TRANSPARENCY TUESDAY: Being charged for information you don’t even get? That’s [REDACTED] outrageous!

What’s more frustrating than asking for public records and getting back a page full of mysterious black rectangles?

Getting charged extra for the rectangles.

When a public record contains material that is legally exempt from disclosure, state open-records laws typically require that the agency blank out — or “redact” — the exempt material and produce the rest.

It’s a common-sense alternative to making openness all-or-nothing. The presence of a single Social Security number in a 10-page report shouldn’t make the entire document confidential.

But when an agency spends time “sanitizing” documents before producing them, who pays?

In a ruling issued June 27, the Wisconsin Supreme Court decided that the Milwaukee Police Department could not charge journalists for the cost of deleting exempt information before producing documents.

The court relied on a strict interpretation of the Wisconsin Public Records Law, which limits agencies to charging for retrieving, copying and mailing records — and says nothing about redaction:

The statutory text does not allow the imposition of a broad array of fees for any and every cost incurred by an authority. If the legislature had wanted to allow an authority to impose fees for a broad range of tasks, or if it had wanted to include the task of redaction as a task for which fees may be imposed, it would have said so.

This is a sensible decision that limits the ability of ill-motivated agencies to “run up the tab” by removing harmless information that ought to be public.

Because the ruling in Milwaukee Journal Sentinel v. City of Milwaukee relies on the text of Wisconsin’s law, it won’t be of great help to requesters in other states. Elsewhere, there is no real consensus about whether agencies can pass along the cost of redaction or must absorb the cost themselves.

Contrary to what the Wisconsin court just decided, the Kansas Supreme Court ruled in 2005 that a county clerk could charge a data-mining company $22,500 for the cost of removing dates of birth and Social Security numbers from databases the county kept on microfilm.

As in Wisconsin, the Kansas court looked to the wording and intent of the Kansas Open Records Act. The court decided that, under Kansas law, it was the legislature’s intent “that actual costs of furnishing copies of public records may be recovered by the agency and that the person seeking the records should bear the actual expense.” That, in the court’s opinion, meant all costs — including the time spent blanking out confidential information.

Other states take a split-the-difference view.
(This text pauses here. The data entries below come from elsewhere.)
-- ===== src/Merkle/MapVerifier/WayUp.antt =====
-- The loop of merkle/map_verifier.go against the tree of merkle/hstar2.go: a proof is the way from a
-- leaf up to the root, with the node that is next to it at each level.
use mathlib.Core.Path.{ap₂}
use trillian.Prelude.{
  ℕ, suc, ◌-◌, ◌*◌, ◌/◌, ◌%◌, ◌^◌, ◌<◌, ◌≡◌, refl, sym, ap, ◌∙◌, List, [], ◌∷◌, Bytes, ok, Option,
  none, some, Bool, true, false, ◌&&◌, not, ◌==◌, if◌then◌else◌, arith, Bool-cases, inl, inr,
}
use trillian.Prelude.Int.{ℤ}
use trillian.Storage.NodeId.{NodeId}
use trillian.Storage.NodeId.Paths.{be_bytes, mask_left}
use trillian.Storage.NodeId.Masks.{sibling_slot}
use trillian.Storage.NodeId.Siblings.{masked_path-height, bit-height}
use trillian.Merkle.MapHasher.{MapHasher}
use trillian.Merkle.Hstar2.Tree.{empty_node, node_value, join}
use trillian.Merkle.MapVerifier.{is_empty, leaf_hash_or_nil, empty_branch, combined}

-- An element of a proof that is empty is no hash.
abbrev pub stored : Bytes → Option Bytes
stored [] = none
stored (b ∷ bs) = some (b ∷ bs)

abbrev pub or_nil : Option Bytes → Bytes
or_nil none = []
or_nil (some h) = h

-- A hash that is there is not empty.
abbrev pub Proper : Option Bytes → Type 0
Proper none = Unit {0}
Proper (some h) = is_empty h ≡ false

pub stored-Proper : (p : Bytes) → Proper (stored p)
stored-Proper [] = tt
stored-Proper (b ∷ bs) = ground arith

pub or_nil-stored : (p : Bytes) → or_nil (stored p) ≡ p
or_nil-stored [] = refl
or_nil-stored (b ∷ bs) = refl

taken : (b c : Bool) (x y : Bytes) → b ≡ false → c ≡ true → (if not b && c then x else y) ≡ x
taken b c x y first second = rw (first, second) refl

passed : (b c : Bool) (x y : Bytes) → c ≡ false → (if not b && c then x else y) ≡ y
passed true c x y second = refl
passed false c x y second = rw second refl

and_turn : (a b : Bool) → (a && b) ≡ false → (b && a) ≡ false
and_turn true true h = absurd (cc)
and_turn true false h = refl
and_turn false true h = refl
and_turn false false h = refl

module _ {E : Type 0} (hasher : MapHasher E) (tree_id : ℤ) where
  -- The hash of a leaf: an empty leaf has none.
  abbrev pub HasHash : Bytes → Bytes → Option Bytes → Type 0
  HasHash index leaf node =
      (leaf_hash_or_nil hasher tree_id index leaf ≡ ok (or_nil node)) × Proper node

  joined :
      (d s a b : ℕ) (l r : Option Bytes)
      → a ≡ 2 * s
      → b ≡ suc (2 * s)
      → (is_empty (or_nil l) && is_empty (or_nil r)) ≡ false
      → hasher.hash_children
          (node_value hasher tree_id (suc d) a l)
          (node_value hasher tree_id (suc d) b r)
        ≡ or_nil (join hasher tree_id d s l r)
  joined d s a b none none first second some_hash = absurd (ground arith)
  joined d s a b none (some r) first second some_hash =
      ap (λ (n : ℕ). hasher.hash_children (empty_node hasher tree_id (suc d) n) r) first
  joined d s a b (some l) none first second some_hash =
      ap (λ (n : ℕ). hasher.hash_children l (empty_node hasher tree_id (suc d) n)) second
  joined d s a b (some l) (some r) first second some_hash = refl

  -- The node above the slot `a` at a height, from its hash and its sibling's.
  abbrev pub above : ℕ → ℕ → Option Bytes → Option Bytes → Option Bytes
  above h a node sibling =
      if a % 2 == 0
      then join hasher tree_id (hasher.bit_len - suc h) (a / 2) node sibling
      else join hasher tree_id (hasher.bit_len - suc h) (a / 2) sibling node

  -- The node at the end of the way from a height on.
  abbrev pub way_up : ℕ → ℕ → Option Bytes → List Bytes → Option Bytes
  way_up x h node [] = node
  way_up x h node (element ∷ elements) =
      way_up x (suc h) (above h (x / 2 ^ h) node (stored element)) elements

  module _ (k x h : ℕ) (size : hasher.bit_len ≡ k * 8) (inside : h < k * 8) where
    abbrev id : NodeId
    id = record { path = be_bytes k x; prefix_len_bits = k * 8 }

    abbrev sib : NodeId
    sib = record {
      path = be_bytes k (sibling_slot (x / 2 ^ h) * 2 ^ h);
      prefix_len_bits = k * 8 - h;
    }

    empty_node-height :
        (s : ℕ)
        → hasher.hash_empty tree_id (be_bytes k (s * 2 ^ h)) h
          ≡ empty_node hasher tree_id (suc (hasher.bit_len - suc h)) s
    empty_node-height s =
        let bytes : hasher.bit_len / 8 ≡ k = omega arith in
        let height : hasher.bit_len - suc (hasher.bit_len - suc h) ≡ h = omega arith in
        ap₂ (λ (k' h' : ℕ). hasher.hash_empty tree_id (be_bytes k' (s * 2 ^ h')) h') (sym bytes)
          (sym height)

    empty_branch_lem :
        empty_branch hasher tree_id id h
        ≡ ok (empty_node hasher tree_id (suc (hasher.bit_len - suc h)) (x / 2 ^ h))
    unfolding empty_branch mask_left
    empty_branch_lem =
        rw (masked_path-height k x h inside)
          (ap (λ (y : Bytes). ok y) (empty_node-height (x / 2 ^ h)))

    combined_value :
        (element running running' element' : Bytes)
        → (if is_empty running then empty_branch hasher tree_id id h else ok running) ≡ ok running'
        → (if not (is_empty running') && is_empty element
            then hasher.hash_empty tree_id sib.path h
            else element)
          ≡ element'
        → combined hasher tree_id id h sib element running
          ≡ ok (
              if x / 2 ^ h % 2 == 0
              then hasher.hash_children running' element'
              else hasher.hash_children element' running')
    unfolding combined
    combined_value element running running' element' first second =
        rw (first, bit-height k x h inside (k * 8))
          (ap
            (λ (e : Bytes). ok (
              if x / 2 ^ h % 2 == 0
              then hasher.hash_children running' e
              else hasher.hash_children e running'))
            second)

    -- The hashes of the two nodes below, as the loop has them.
    node_hash :
        (node : Option Bytes)
        → Proper node
        → (if is_empty (or_nil node) then empty_branch hasher tree_id id h else ok (or_nil node))
          ≡ ok (node_value hasher tree_id (suc (hasher.bit_len - suc h)) (x / 2 ^ h) node)
    node_hash none proper = empty_branch_lem
    node_hash (some r) proper = rw proper refl

    sibling_hash :
        (running : Bytes) (sibling : Option Bytes)
        → Proper sibling
        → (sibling ≡ none → is_empty running ≡ false)
        → (if not (is_empty running) && is_empty (or_nil sibling)
            then hasher.hash_empty tree_id sib.path h
            else or_nil sibling)
          ≡ node_value hasher tree_id
              (suc (hasher.bit_len - suc h))
              (sibling_slot (x / 2 ^ h))
              sibling
    sibling_hash running none proper present =
        taken (is_empty running) true (hasher.hash_empty tree_id sib.path h) [] (present refl) refl
        ∙ empty_node-height (sibling_slot (x / 2 ^ h))
    sibling_hash running (some p) proper present =
        passed (is_empty running) (is_empty p) (hasher.hash_empty tree_id sib.path h) p proper

    -- The hash of the two, in their order, is that of the node above them.
    above_hash :
        (node sibling : Option Bytes)
        → Proper node
        → Proper sibling
        → (is_empty (or_nil node) && is_empty (or_nil sibling)) ≡ false
        → (let v = node_value hasher tree_id (suc (hasher.bit_len - suc h)) (x / 2 ^ h) node in
            let w =
              node_value hasher tree_id
                (suc (hasher.bit_len - suc h))
                (sibling_slot (x / 2 ^ h))
                sibling in
            (if x / 2 ^ h % 2 == 0 then hasher.hash_children v w else hasher.hash_children w v)
            ≡ or_nil (above h (x / 2 ^ h) node sibling))
    above_hash node sibling proper proper' some_hash = elim (Bool-cases (x / 2 ^ h % 2 == 0)) [
      | inl even ↦
          let half : 2 * (x / 2 ^ h / 2) ≡ x / 2 ^ h = ground arith in
          rw even (
            joined (hasher.bit_len - suc h) (x / 2 ^ h / 2) (x / 2 ^ h) (suc (x / 2 ^ h)) node
              sibling (sym half) (ap suc (sym half)) some_hash)
      | inr odd ↦
          let half : suc (2 * (x / 2 ^ h / 2)) ≡ x / 2 ^ h = ground arith in
          let below : 2 * (x / 2 ^ h / 2) ≡ x / 2 ^ h - 1 = omega arith in
          rw odd (
            joined (hasher.bit_len - suc h) (x / 2 ^ h / 2) (x / 2 ^ h - 1) (x / 2 ^ h) sibling node
              (sym below) (sym half)
              (and_turn (is_empty (or_nil node)) (is_empty (or_nil sibling)) some_hash))
    ]

    present :
        (node sibling : Option Bytes)
        → Proper node
        → (is_empty (or_nil node) && is_empty (or_nil sibling)) ≡ false
        → sibling ≡ none
        → is_empty (node_value hasher tree_id (suc (hasher.bit_len - suc h)) (x / 2 ^ h) node)
          ≡ false
    present none none proper some_hash e = absurd (ground arith)
    present none (some p) proper some_hash e = absurd (cc)
    present (some r) sibling proper some_hash e = proper

    -- A round of the loop is the step to the node above.
    pub combined_lem :
        (node sibling : Option Bytes)
        → Proper node
        → Proper sibling
        → (is_empty (or_nil node) && is_empty (or_nil sibling)) ≡ false
        → combined hasher tree_id id h sib (or_nil sibling) (or_nil node)
          ≡ ok (or_nil (above h (x / 2 ^ h) node sibling))
    combined_lem node sibling proper proper' some_hash =
        combined_value (or_nil sibling) (or_nil node)
          (node_value hasher tree_id (suc (hasher.bit_len - suc h)) (x / 2 ^ h) node)
          (node_value hasher tree_id (suc (hasher.bit_len - suc h)) (sibling_slot (x / 2 ^ h))
            sibling)
          (node_hash node proper)
          (sibling_hash (node_value hasher tree_id (suc (hasher.bit_len - suc h)) (x / 2 ^ h) node)
            sibling proper' (present node sibling proper some_hash))
        ∙ ap (λ (y : Bytes). ok y) (above_hash node sibling proper proper' some_hash)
Florida’s attorney general has advised that agencies may impose a “special service charge” for redactions, but only if redaction becomes a “time-consuming task” beyond the routine work that is always required when a person asks for records.

While there is disagreement over who must pay redaction costs, there is no disagreement that costs must be limited to what is strictly necessary for the custodian of the records to fulfill the request — with no gold plating.

It is regrettably common for agencies — whether driven by financial desperation or by a hope of discouraging future requests — to charge not just for a $12-an-hour clerk’s time in striking out confidential information, but for a $200-an-hour lawyer’s time deciding what to redact.

Several years ago, Portland’s Oregon Health Sciences University (“OHSU”) got schooled on the scope of allowable charges in a dispute with an animal-rights organization.

The organization, In Defense of Animals, asked OHSU for about $12,000 worth of records documenting the university’s animal experimentation practices. OHSU quoted a price of $151,000, representing its estimate of what reviewing and redacting the 75,000 pages would cost.

When the Oregon Court of Appeals took apart the bill, it turned out OHSU was trying to charge the rate for a veterinarian, not a clerk, to review the documents. That, the court decided, went far beyond what Oregon law allowed. As in most states, Oregon caps the expense of public records at what is “reasonably necessary” to cover the agency’s actual costs, and no more.

In a similar case, a New Jersey court told the Lenape Regional High School District that it could not assess a “special service fee” of more than $6,500 to honor a newspaper’s request for the billing records of the school district’s outside law firm.

The school district tried to charge for the time that lawyers in the outside firm would spend reviewing the invoices — bills that were paid by New Jersey taxpayers for legal services — to remove confidential information about clients or about students.

But the New Jersey Superior Court decided that the lawyers’ time was not necessary to fulfill the request. If the attorneys’ invoices contained privileged information, the judge wrote, that was a flaw in the invoicing system. The agency — not the requester — should bear the burden of the error: “Redaction of privileged or confidential data cannot cause the release of otherwise public information to be placed in a straightjacket.”

Bottom line: While it sometimes is legal for an agency to charge redaction costs, no requester should ever pay for (a) redactions beyond information that is explicitly made confidential by law or (b) redactions made by six-figure-salaried professionals. If you’re given one of those eye-popping bills, you can confidently haggle back with the law on your side.